What is RocketBlocks and how can it help an applicant for a product management position? [38:44]
It is a platform to help people build and hone skills they need to succeed in job interviews. We have a management consulting vertical and product manager vertical. We take the skills companies are testing for and build drills around them to allow students to come in and practice. The whole idea is to be basically a digital gym preparing for your interviews. The driving force is interactive drills, like, “Here is an interview scenario, how would you react,” “Prioritize a roadmap,” or, “Here are two competing user interfaces, compare them, what is good, what’s not.” The idea is to provide organic scenarios you would face in the interview and on the job.
We also facilitate a market of expert coaches who can run you through an hour-long mock interview. We vet and curate that list of experts.
Rocketblocks is a subscription model like a gym. You pay $35/month to use the resource as long as you need it to prepare.

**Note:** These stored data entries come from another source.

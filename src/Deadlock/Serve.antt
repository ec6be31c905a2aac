-- ===== src/Deadlock/Serve.antt =====
-- The first loop of `deadlock_wake_waiters` of src/deadlock.c, and the call as a whole.
use fleetos.Base.{
  ℕ, zero, suc, ◌-◌, ◌<◌, ◌≡◌, ◌≢◌, refl, ap, ap₂, sym, ◌∙◌, Bool, true, false, ltb, ◌&&◌,
  if◌then◌else◌, List, [], ◌∷◌, ◌++◌, arith, ℤ, pos, Bool-cases, inl, inr, not, minus_one, is_neg,
  keep_if, lt→ltb, ==_iff,
}
use fleetos.Deadlock.{
  ResourceGraph, is_active, num_resources, deadlock_alloc, wake_entry, wake_entries,
  deadlock_wake_waiters,
}
use fleetos.Deadlock.Wake.{listed, listed_same, waiting, is_entry, serve, compact_waiters-front}

-- What one round of the first loop does to the queue it reads.
record Round (r i : ℕ) (g h : ResourceGraph) : Type 0 where
  others : (s j : ℕ) → (s ≡ r → j ≢ i) → h.wait_pid s j ≡ g.wait_pid s j
  counts : h.wait_count ≡ g.wait_count
  alive : (v : ℤ) → is_active h v ≡ is_active g v

wake_entry-Round :
    (r i : ℕ) (g : ResourceGraph) → r < num_resources → Round r i g (wake_entry r i g).0
unfolding wake_entry deadlock_alloc is_active
wake_entry-Round r i g h = record {
  others = λ s j ne. ground (arith, ne);
  counts = ground arith;
  alive = λ v. ground arith;
}

-- How many units the round leaves, which pid it serves and what it leaves in the queue.
wake_entry-left :
    (r i : ℕ) (g : ResourceGraph) (alive : Bool)
    → r < num_resources
    → is_active g (g.wait_pid r i) ≡ alive
    → (wake_entry r i g).0.available r ≡ (
        if (is_entry (g.wait_pid r i) && alive) && ltb 0 (g.available r)
        then g.available r - 1
        else g.available r)
unfolding wake_entry deadlock_alloc is_active
wake_entry-left r i g alive h e = ground arith

wake_entry-served :
    (r i : ℕ) (g : ResourceGraph) (alive : Bool)
    → r < num_resources
    → is_active g (g.wait_pid r i) ≡ alive
    → (wake_entry r i g).1 ≡ (
        if (is_entry (g.wait_pid r i) && alive) && ltb 0 (g.available r)
        then g.wait_pid r i ∷ []
        else [])
unfolding wake_entry
wake_entry-served r i g alive h e = ground arith

wake_entry-marks :
    (r i : ℕ) (g : ResourceGraph) (alive : Bool)
    → r < num_resources
    → is_active g (g.wait_pid r i) ≡ alive
    → (wake_entry r i g).0.wait_pid r i ≡ (
        if not (is_entry (g.wait_pid r i) && alive)
        then (if is_entry (g.wait_pid r i) then minus_one else g.wait_pid r i)
        else if ltb 0 (g.available r)
        then minus_one
        else g.wait_pid r i)
unfolding wake_entry deadlock_alloc is_active
wake_entry-marks r i g alive h e = ground arith

keep_if-mark :
    (x : ℤ) (xs : List ℤ) → is_neg x ≡ true → keep_if is_entry (x ∷ xs) ≡ keep_if is_entry xs
keep_if-mark x xs h = rw h refl

keep_if-entry :
    (x w : ℤ) (xs : List ℤ)
    → x ≡ w
    → is_neg w ≡ false
    → keep_if is_entry (x ∷ xs) ≡ w ∷ keep_if is_entry xs
keep_if-entry x w xs e h = ap (λ y. keep_if is_entry (y ∷ xs)) e ∙ rw h refl

-- The three ways in which a queue's first entry is treated.
module _ (alive : ℤ → Bool) (n : ℕ) (w : ℤ) (ws : List ℤ) where
  serve-dropped : (is_entry w && alive w) ≡ false → serve alive n (w ∷ ws) ≡ serve alive n ws
  unfolding serve
  serve-dropped h = rw (h, serve) refl

  serve-given :
      (is_entry w && alive w) ≡ true
      → ltb 0 n ≡ true
      → serve alive n (w ∷ ws) ≡ (w ∷ (serve alive (n - 1) ws).0, (serve alive (n - 1) ws).1)
  unfolding serve
  serve-given h e = rw (h, e, serve) refl

  serve-waiting :
      (is_entry w && alive w) ≡ true
      → ltb 0 n ≡ false
      → serve alive n (w ∷ ws) ≡ ((serve alive n ws).0, w ∷ (serve alive n ws).1)
  unfolding serve
  serve-waiting h e = rw (h, e, serve) refl

record Served (n r i : ℕ) (g : ResourceGraph) (alive : ℤ → Bool) : Type 0 where
  calls : (wake_entries n r i g).1 ≡ (serve alive (g.available r) (listed n i (g.wait_pid r))).0
  leaves :
      keep_if is_entry (listed n i ((wake_entries n r i g).0.wait_pid r))
      ≡ (serve alive (g.available r) (listed n i (g.wait_pid r))).1
  counts : (wake_entries n r i g).0.wait_count ≡ g.wait_count
  before : (j : ℕ) → j < i → (wake_entries n r i g).0.wait_pid r j ≡ g.wait_pid r j

-- One round and the rest: what the round serves and what it keeps in the queue.
Served-round :
    (n r i : ℕ) (g : ResourceGraph) (alive : ℤ → Bool) (n1 : ℕ) (gives keeps : List ℤ)
    → r < num_resources
    → Served n r (suc i) (wake_entry r i g).0 alive
    → (wake_entry r i g).0.available r ≡ n1
    → (wake_entry r i g).1 ≡ gives
    → ((xs : List ℤ)
        → keep_if is_entry ((wake_entry r i g).0.wait_pid r i ∷ xs) ≡ keeps ++ keep_if is_entry xs)
    → ((ws : List ℤ)
        → serve alive (g.available r) (g.wait_pid r i ∷ ws)
          ≡ (gives ++ (serve alive n1 ws).0, keeps ++ (serve alive n1 ws).1))
    → Served (suc n) r i g alive
unfolding wake_entries listed
Served-round n r i g alive n1 gives keeps h more left served kept spec =
    let k = (wake_entry r i g).0 in
    let final = (wake_entries n r (suc i) k).0 in
    let one : Round r i g k = wake_entry-Round r i g h in
    let ahead =
      listed_same n (suc i) (k.wait_pid r) (g.wait_pid r)
        (λ j hj. one.others r j (λ s. omega arith)) in
    let ws = listed n (suc i) (g.wait_pid r) in
    let same : serve alive (k.available r) (listed n (suc i) (k.wait_pid r)) ≡ serve alive n1 ws =
      ap₂ (serve alive) left ahead in
    let granted = λ (t : List ℤ × List ℤ). t.0 in
    let left_over = λ (t : List ℤ × List ℤ). t.1 in
    record {
      calls = ap₂ ◌++◌ served (more.calls ∙ ap granted same) ∙ sym (ap granted (spec ws));
      leaves =
          ap (λ y. keep_if is_entry (y ∷ listed n (suc i) (final.wait_pid r)))
            (more.before i (omega arith))
          ∙ kept (listed n (suc i) (final.wait_pid r))
          ∙ ap (λ (t : List ℤ). keeps ++ t) (more.leaves ∙ ap left_over same)
          ∙ sym (ap left_over (spec ws));
      counts = more.counts ∙ one.counts;
      before = λ j hj. more.before j (omega arith) ∙ one.others r j (λ s. omega arith);
    }

wake_entries-Served :
    (n r i : ℕ) (g : ResourceGraph) (alive : ℤ → Bool)
    → r < num_resources
    → ((v : ℤ) → is_active g v ≡ alive v)
    → Served n r i g alive
wake_entries-Served zero r i g alive h e =
    unfold wake_entries listed serve in
    record { calls = refl; leaves = refl; counts = refl; before = λ j hj. refl }
wake_entries-Served (suc n) r i g alive h e =
    let w = g.wait_pid r i in
    let k = (wake_entry r i g).0 in
    let n0 = g.available r in
    let x = k.wait_pid r i in
    let one : Round r i g k = wake_entry-Round r i g h in
    let more = wake_entries-Served n r (suc i) k alive h (λ v. one.alive v ∙ e v) in
    let left = wake_entry-left r i g (alive w) h (e w) in
    let served = wake_entry-served r i g (alive w) h (e w) in
    let marks = wake_entry-marks r i g (alive w) h (e w) in
    elim (Bool-cases (is_entry w && alive w)) [
      | inl lives ↦ elim (Bool-cases (ltb 0 n0)) [
        | inl free ↦
            Served-round n r i g alive (n0 - 1) (w ∷ []) [] h more (ground arith) (ground arith)
              (λ xs. keep_if-mark x xs (ground arith)) (λ ws. serve-given alive n0 w ws lives free)
        | inr taken ↦
            Served-round n r i g alive n0 [] (w ∷ []) h more (ground arith) (ground arith)
              (λ xs. keep_if-entry x w xs (ground arith) (ground arith))
              (λ ws. serve-waiting alive n0 w ws lives taken)
      ]
      | inr gone ↦
          Served-round n r i g alive n0 [] [] h more (ground arith) (ground arith)
            (λ xs. keep_if-mark x xs (ground arith)) (λ ws. serve-dropped alive n0 w ws gone)
    ]

-- The processes called back are those that a first-come queue serves with the units in the pool,
-- and the wait queue keeps the rest in order.
pub deadlock_wake_waiters-serve :
    (g : ResourceGraph) (r : ℕ)
    → r < num_resources
    → ((deadlock_wake_waiters g (pos r)).1, waiting (deadlock_wake_waiters g (pos r)).0 r)
      ≡ serve (is_active g) (g.available r) (waiting g r)
unfolding deadlock_wake_waiters
deadlock_wake_waiters-serve g r h =
    let n = g.wait_count r in
    let woken = (wake_entries n r 0 g).0 in
    let all = wake_entries-Served n r 0 g (is_active g) h (λ v. refl) in
    let counted : woken.wait_count r ≡ n = ap (λ (c : ℕ → ℕ). c r) all.counts in
    rw (lt→ltb r num_resources h, (==_iff r r).1 refl)
      (ap₂ (λ (a b : List ℤ). (a, b)) all.calls
        (compact_waiters-front (woken.wait_count r) r woken.wait_pid
          ∙ ap (λ c. keep_if is_entry (listed c 0 (woken.wait_pid r))) counted
          ∙ all.leaves))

What are your plans for RocketBlocks going forward? [44:56]
We are always adding and curating existing drills on the platform to make better scenarios to prepare. Eventually we will add some new verticals. Other work we will do is refining and going deeper on the type of content and how you interact with the content. The core of what’s there is really helpful to students and we can augment it to provide an even better user experience. The platform can now be used on a tablet or mobile so you can study on the go.
It’s now 8 years since you earned your MBA at Tuck. How has your perspective on that experience evolved? Are you still glad you did it? [47:18]
High level answer is still the same (yes). The value of the network compounds over time as your classmates progress in their careers, and the amount of great people you have access to and can help you out is incredible.
What do you wish I would have asked? [48:01]
Maybe, “What is the most interesting product management interview question you’ve ever heard?” Best I’ve heard recently, is a Google PM walked in with a duffle bag full of physical products and the candidate would have to reach into the bag, pull one out at random and critique it, the deficiencies, how you could make it better. It’s a great test of overall product sense, but maybe a bit intimidating with someone walking in with a giant duffle bag!